Sunny Sohal

Personal information
- Full name: Sunny Sohal
- Born: 10 November 1987 (age 38) Mohali, Punjab, India
- Batting: Right handed
- Bowling: Legbreak
- Role: Batsman

International information
- National side: United States;
- T20I debut (cap 16): 22 August 2019 v Bermuda
- Last T20I: 25 August 2019 v Canada

Domestic team information
- 2005/06–2009/10: Punjab
- 2008–2010: Kings XI Punjab
- 2011: Deccan Chargers
- 2018: Barbados Tridents (squad no. 19)

Career statistics
| Competition | T20I | FC | LA |
| Matches | 3 | 21 | 25 |
| Runs scored | 23 | 1,202 | 439 |
| Batting average | 11.50 | 36.42 | 19.08 |
| 100s/50s | 0/2 | 3/7 | 0/3 |
| Top score | 18 | 110* | 65 |
| Balls bowled | – | 60 | – |
| Wickets | – | 1 | – |
| Bowling average | – | 13 | – |
| 5 wickets in innings | – | 0 | – |
| 10 wickets in match | – | 0 | – |
| Best bowling | – | 1/8 | – |
| Catches/stumpings | 0/– | 7/– | 7/– |
- Source: ESPNcricinfo, 25 August 2019

= Sunny Sohal =

Indian cricketer

Sunny Sohal (born 10 November 1987) is an Indian-born American former cricketer from Mohali, Punjab, India. A right-handed batsman and occasional leg spin bowler, Sohal made his first-class debut for Punjab against Hyderabad at Mohali in December 2005. He represented the India Under 19 side and, although less prolific in limited overs cricket, also played in the IPL for Deccan Chargers and Kings XI Punjab.

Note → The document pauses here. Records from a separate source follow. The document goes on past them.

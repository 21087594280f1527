-- ===== src/Evaluator/Totality.antt =====
-- The gate raises no exception on well-typed documents.
use skill_kernel.Base.{
  pos, String, str_eq, Bool, true, false, ◌||◌, List, [], ◌∷◌, map, Option, none, some, ◌≡◌, refl,
  inl, inr, arith, All, all, filterb, Bool-cases, Option-cases, eqb_ℤ, Json, Float, Fields, null,
  boolean, integer, real, str, array, object, get, dict_of, is_dict_empty, Py, raised, returned,
}
use skill_kernel.Evaluator.Runtime.{
  Runtime, Probe, ProbeEvaluation, truthy, elements, int_of, to_float, caught, optional_float,
  first_float,
}
use skill_kernel.Evaluator.Replay.{
  outperforms, evaluate_intervention_replay, derived_utility, token_counts, utility_deltas,
  utility_or_derived, intervention_replay_metrics,
}
use skill_kernel.Evaluator.Metrics.{replay_of, has_replay, replay_metrics, acceptance_metrics}
use skill_kernel.Evaluator.Probes.{
  evaluate_target_probe, evaluate_regression_probe, evaluate_adversarial_probe,
  evaluate_no_skill_probe, evaluate_probe,
}
use skill_kernel.Evaluator.Gate.{
  ProposalGateEvaluation, blocked_result, evaluate_probes, verify_deterministically, score_outcome,
  evaluate,
}

-- A missing key or a list, and a missing key or an integer.
abbrev pub is_list : Json → Bool
is_list null = true
is_list (array xs) = true
is_list _ = false

abbrev pub is_integer : Json → Bool
is_integer null = true
is_integer (integer n) = true
is_integer _ = false

abbrev Returns {ℓ} : {A : Type ℓ} → Py A → Type ℓ
Returns {A} p = (a : A) × (p ≡ returned a)

abbrev is_returned {ℓ} : {A : Type ℓ} → Py A → Bool
is_returned (returned a) = true
is_returned (raised e) = false

-- The fields of a run that are read as numbers besides its tokens.
abbrev pub run_numbers : Fields → List Json
run_numbers run = get "retries" run ∷ get "latency_ms" run ∷ get "tool_errors" run ∷ []

module _ (rt : Runtime) where
  -- `float` takes the value, or it is no integer.
  abbrev pub converts : Json → Bool
  converts (integer n) = is_returned (rt.float_of_int n)
  converts _ = true

  -- No number of the replay is an integer too large for a float.
  abbrev pub ReplayConverts : Fields → Type 0
  ReplayConverts replay =
      let no_skill : Fields = dict_of (get "no_skill" replay) in
      let skill_visible : Fields = dict_of (get "skill_visible" replay) in
      (all converts (utility_deltas rt replay skill_visible) ≡ true)
      × (all converts (token_counts rt no_skill) ≡ true)
      × (all converts (token_counts rt skill_visible) ≡ true)
      × (all converts (run_numbers no_skill) ≡ true)
      × (all converts (run_numbers skill_visible) ≡ true)

  -- The fields of a probe that are iterated or converted.
  abbrev pub ProbeIsTyped : Probe → Type 0
  ProbeIsTyped p =
      (is_list (get "evidence_ids" (dict_of p.spec)) ≡ true)
      × (is_integer (get "adversarial_critical_budget" (dict_of p.expected)) ≡ true)
      × ReplayConverts (replay_of p)

  caught-Returns : (p : Py Float) → is_returned p ≡ true → Returns (caught rt p)
  caught-Returns (returned x) h = (some x, refl)
  caught-Returns (raised e) h = cc

  optional_float-Returns : (v : Json) → converts v ≡ true → Returns (optional_float rt v)
  unfolding optional_float to_float
  optional_float-Returns (integer n) h = caught-Returns (rt.float_of_int n) h
  optional_float-Returns null h = (none, refl)
  optional_float-Returns (boolean true) h = (_, refl)
  optional_float-Returns (boolean false) h = (_, refl)
  optional_float-Returns (real x) h = (_, refl)
  optional_float-Returns (str s) h = elim (Option-cases (rt.float_of_text s)) [
    | inl e ↦ (none, rw (e, optional_float, to_float) refl)
    | inr (x, e) ↦ (some x, rw (e, optional_float, to_float) refl)
  ]
  optional_float-Returns (array xs) h = (none, refl)
  optional_float-Returns (object fs) h = (none, refl)

  first_float-Returns : (vs : List Json) → all converts vs ≡ true → Returns (first_float rt vs)
  unfolding first_float
  first_float-Returns [] h = (none, refl)
  first_float-Returns (v ∷ vs) h =
      let (o, e) = optional_float-Returns v (ground arith) in
      let (rest, f) = first_float-Returns vs (ground arith) in
      elim (Option-cases o) [
        | inl missing ↦ (rest, rw (e, missing) f)
        | inr (x, given) ↦ (some x, rw (e, given) refl)
      ]

  run-Returns :
      (run : Fields)
      → all converts (run_numbers run) ≡ true
      → Returns (optional_float rt (get "retries" run))
        × Returns (optional_float rt (get "latency_ms" run))
        × Returns (optional_float rt (get "tool_errors" run))
  run-Returns run h = (
    optional_float-Returns (get "retries" run) (ground arith),
    optional_float-Returns (get "latency_ms" run) (ground arith),
    optional_float-Returns (get "tool_errors" run) (ground arith),
  )

  module _ (no_skill skill_visible : Fields) (before : all converts (run_numbers no_skill) ≡ true)
      (after : all converts (run_numbers skill_visible) ≡ true) where
    outperforms-Returns : Returns (outperforms rt no_skill skill_visible)
    unfolding outperforms
    outperforms-Returns =
        let ((a, e), (b, f), _) = run-Returns no_skill before in
        let ((c, g), (d, i), _) = run-Returns skill_visible after in
        rw (e, g, f, i, outperforms) (_, refl)

    derived_utility-Returns : Returns (derived_utility rt no_skill skill_visible)
    unfolding derived_utility
    derived_utility-Returns =
        let ((a, e), (b, f), (c, g)) = run-Returns no_skill before in
        let ((x, i), (y, j), (z, k)) = run-Returns skill_visible after in
        rw (e, i, f, j, g, k, derived_utility) (_, refl)

    utility-Returns : (o : Option Float) → Returns (utility_or_derived rt no_skill skill_visible o)
    utility-Returns none = derived_utility-Returns
    utility-Returns (some x) = (x, refl)

  replay-Returns :
      (replay : Fields) → ReplayConverts replay → Returns (intervention_replay_metrics rt replay)
  unfolding intervention_replay_metrics
  replay-Returns replay (deltas, before, after, run, run') =
      let no_skill : Fields = dict_of (get "no_skill" replay) in
      let skill_visible : Fields = dict_of (get "skill_visible" replay) in
      let (explicit, e) = first_float-Returns (utility_deltas rt replay skill_visible) deltas in
      let (a, f) = first_float-Returns (token_counts rt no_skill) before in
      let (b, g) = first_float-Returns (token_counts rt skill_visible) after in
      let (u, i) = utility-Returns no_skill skill_visible run run' explicit in
      rw (e, f, g, i, intervention_replay_metrics) (_, refl)

  replays-Returns :
      (probes : List Probe)
      → All ProbeIsTyped probes
      → Returns (replay_metrics rt (map replay_of (filterb has_replay probes)))
  unfolding replay_metrics
  replays-Returns [] typed = ([], refl)
  replays-Returns (p ∷ ps) typed =
      let (ms, f) = replays-Returns ps typed.1 in
      elim (Bool-cases (has_replay p)) [
        | inr skipped ↦ rw skipped (ms, f)
        | inl kept ↦
            let (m, e) = replay-Returns (replay_of p) typed.0.2 in
            rw kept (m ∷ ms, rw (e, f, replay_metrics) refl)
      ]

  score-Returns :
      (scanner_status : String) (probes : List Probe) (rs : List ProbeEvaluation)
      → All ProbeIsTyped probes
      → Returns (score_outcome rt scanner_status probes rs)
  unfolding score_outcome acceptance_metrics replay_metrics
  score-Returns scanner_status probes rs typed =
      let (ms, e) = replays-Returns probes typed in
      elim (Bool-cases (str_eq scanner_status "passed")) [
        | inl scanned ↦ rw (scanned, e, score_outcome, acceptance_metrics) (_, refl)
        | inr bad ↦ rw bad (_, refl)
      ]

  elements-Returns : (v : Json) → is_list v ≡ true → Returns (elements rt v)
  unfolding elements
  elements-Returns null h = ([], refl)
  elements-Returns (array xs) h = (_, refl)
  elements-Returns (boolean b) h = cc
  elements-Returns (integer n) h = cc
  elements-Returns (real x) h = cc
  elements-Returns (str s) h = cc
  elements-Returns (object fs) h = cc

  int_of-Returns : (v : Json) → is_integer v ≡ true → Returns (int_of rt v)
  unfolding int_of truthy
  int_of-Returns null h = (pos 0, refl)
  int_of-Returns (integer n) h = elim (Bool-cases (eqb_ℤ n (pos 0))) [
    | inl z ↦ (pos 0, rw (z, int_of) refl)
    | inr z ↦ (n, rw (z, int_of) refl)
  ]
  int_of-Returns (boolean b) h = cc
  int_of-Returns (array xs) h = cc
  int_of-Returns (real x) h = cc
  int_of-Returns (str s) h = cc
  int_of-Returns (object fs) h = cc

  replay_probe-Returns :
      (p : Probe) (replay : Fields) (executor : Option String)
      → ReplayConverts replay
      → Returns (evaluate_intervention_replay rt p replay executor)
  unfolding evaluate_intervention_replay
  replay_probe-Returns p replay executor (_, _, _, run, run') =
      let no_skill : Fields = dict_of (get "no_skill" replay) in
      let skill_visible : Fields = dict_of (get "skill_visible" replay) in
      let (better, e) = outperforms-Returns no_skill skill_visible run run' in
      elim (Bool-cases (is_dict_empty no_skill || is_dict_empty skill_visible)) [
        | inl missing ↦ rw (missing, evaluate_intervention_replay) (_, refl)
        | inr given ↦ rw (given, e, evaluate_intervention_replay) (_, refl)
      ]

  module _ (skill_ir : Fields) (executor : Option String)
      (evidence : is_list (get "evidence_ids" skill_ir) ≡ true)
      (never : is_list (get "never" skill_ir) ≡ true) where
    no_skill-Returns :
        (p : Probe)
        → ProbeIsTyped p
        → Returns
            (evaluate_no_skill_probe rt skill_ir executor p (dict_of p.spec) (dict_of p.expected))
    unfolding evaluate_no_skill_probe
    no_skill-Returns p typed =
        let (r, e) = replay_probe-Returns p (replay_of p) executor typed.2 in
        elim (Bool-cases (truthy rt (get "evidence_ids" (dict_of p.spec)))) [
          | inr missing ↦ rw (missing, evaluate_no_skill_probe) (_, refl)
          | inl cited ↦ elim (Bool-cases (is_dict_empty (replay_of p))) [
            | inr given ↦ rw (cited, given, e, evaluate_no_skill_probe) (_, refl)
            | inl none_given ↦
                elim (Bool-cases (
                  truthy rt
                    (get "candidate_must_improve_or_reduce_retries" (dict_of p.expected)))) [
                      | inl must ↦ rw (cited, none_given, must, evaluate_no_skill_probe) (_, refl)
                      | inr may ↦ rw (cited, none_given, may, evaluate_no_skill_probe) (_, refl)
                    ]
          ]
        ]

    evaluate_probe-Returns :
        (p : Probe) → ProbeIsTyped p → Returns (evaluate_probe rt skill_ir executor p)
    unfolding evaluate_probe evaluate_target_probe evaluate_regression_probe
        evaluate_adversarial_probe
    evaluate_probe-Returns p typed =
        let (es, e) = elements-Returns (get "evidence_ids" skill_ir) evidence in
        let (ns, n) = elements-Returns (get "never" skill_ir) never in
        let (ps, s) = elements-Returns (get "evidence_ids" (dict_of p.spec)) typed.0 in
        let (b, i) =
          int_of-Returns (get "adversarial_critical_budget" (dict_of p.expected)) typed.1 in
        let (w, c_runs) = no_skill-Returns p typed in
        elim (Bool-cases (str_eq p.kind "target")) [
          | inl t ↦ rw (t, e, s, evaluate_probe, evaluate_target_probe) (_, refl)
          | inr t ↦ elim (Bool-cases (str_eq p.kind "regression")) [
            | inl r ↦ rw (t, r, n, evaluate_probe, evaluate_regression_probe) (_, refl)
            | inr r ↦ elim (Bool-cases (str_eq p.kind "adversarial")) [
              | inl a ↦ rw (t, r, a, i, evaluate_probe, evaluate_adversarial_probe) (_, refl)
              | inr a ↦ elim (Bool-cases (str_eq p.kind "no_skill_control")) [
                | inl c ↦ rw (t, r, a, c, c_runs, evaluate_probe) (_, refl)
                | inr c ↦ rw (t, r, a, c, evaluate_probe) (_, refl)
              ]
            ]
          ]
        ]

    evaluate_probes-Returns :
        (probes : List Probe)
        → All ProbeIsTyped probes
        → Returns (evaluate_probes rt skill_ir executor probes)
    unfolding evaluate_probes
    evaluate_probes-Returns [] typed = ([], refl)
    evaluate_probes-Returns (p ∷ ps) typed =
        let (r, e) = evaluate_probe-Returns p typed.0 in
        let (rs, f) = evaluate_probes-Returns ps typed.1 in (r ∷ rs, rw (e, f) refl)

-- Where the evidence and the prohibitions of the candidate and the evidence of every probe are lists
-- or missing, every budget is an integer or missing, and no number of a replay is an integer too large
-- for a float, the gate gives a verdict and no exception.
pub evaluate-Returns :
    (rt : Runtime) (skill_ir : Fields) (scanner_status : String) (probes : List Probe)
    (executor : Option String)
    → is_list (get "evidence_ids" skill_ir) ≡ true
    → is_list (get "never" skill_ir) ≡ true
    → All (ProbeIsTyped rt) probes
    → (g : ProposalGateEvaluation) × (evaluate rt skill_ir scanner_status probes executor
        ≡ returned g)
unfolding evaluate verify_deterministically
evaluate-Returns rt skill_ir scanner_status probes executor evidence never typed =
    let (es, e) = elements-Returns rt (get "evidence_ids" skill_ir) evidence in
    let (rs, f) = evaluate_probes-Returns rt skill_ir executor evidence never probes typed in
    let (score, scored) = score-Returns rt scanner_status probes rs typed in
    let (score', scored') =
      score-Returns rt scanner_status probes (map (blocked_result rt executor) probes) typed in
    elim (Bool-cases (str_eq scanner_status "passed")) [
      | inl p ↦ rw (e, p, f, scored, evaluate, verify_deterministically) (_, refl)
      | inr p ↦ rw (e, p, scored', evaluate, verify_deterministically) (_, refl)
    ]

In January 2018, he was named in the United States squad for the 2017–18 Regional Super50 tournament in the West Indies. In August 2018, he was named in the United States' squad for the 2018–19 ICC World Twenty20 Americas Qualifier tournament in Morrisville, North Carolina. In October 2018, he was named in the United States' squads for the 2018–19 Regional Super50 tournament in the West Indies and for the 2018 ICC World Cricket League Division Three tournament in Oman. However, he was ruled out of the latter due to injury.

In June 2019, he was selected to play for the Winnipeg Hawks franchise team in the 2019 Global T20 Canada tournament.

He made his Twenty20 International (T20I) debut for the United States against Bermuda on 22 August 2019.

In July 2020, he was named in the St Kitts & Nevis Patriots squad for the 2020 Caribbean Premier League. In June 2021, he was selected to take part in the Minor League Cricket tournament in the United States following the players' draft.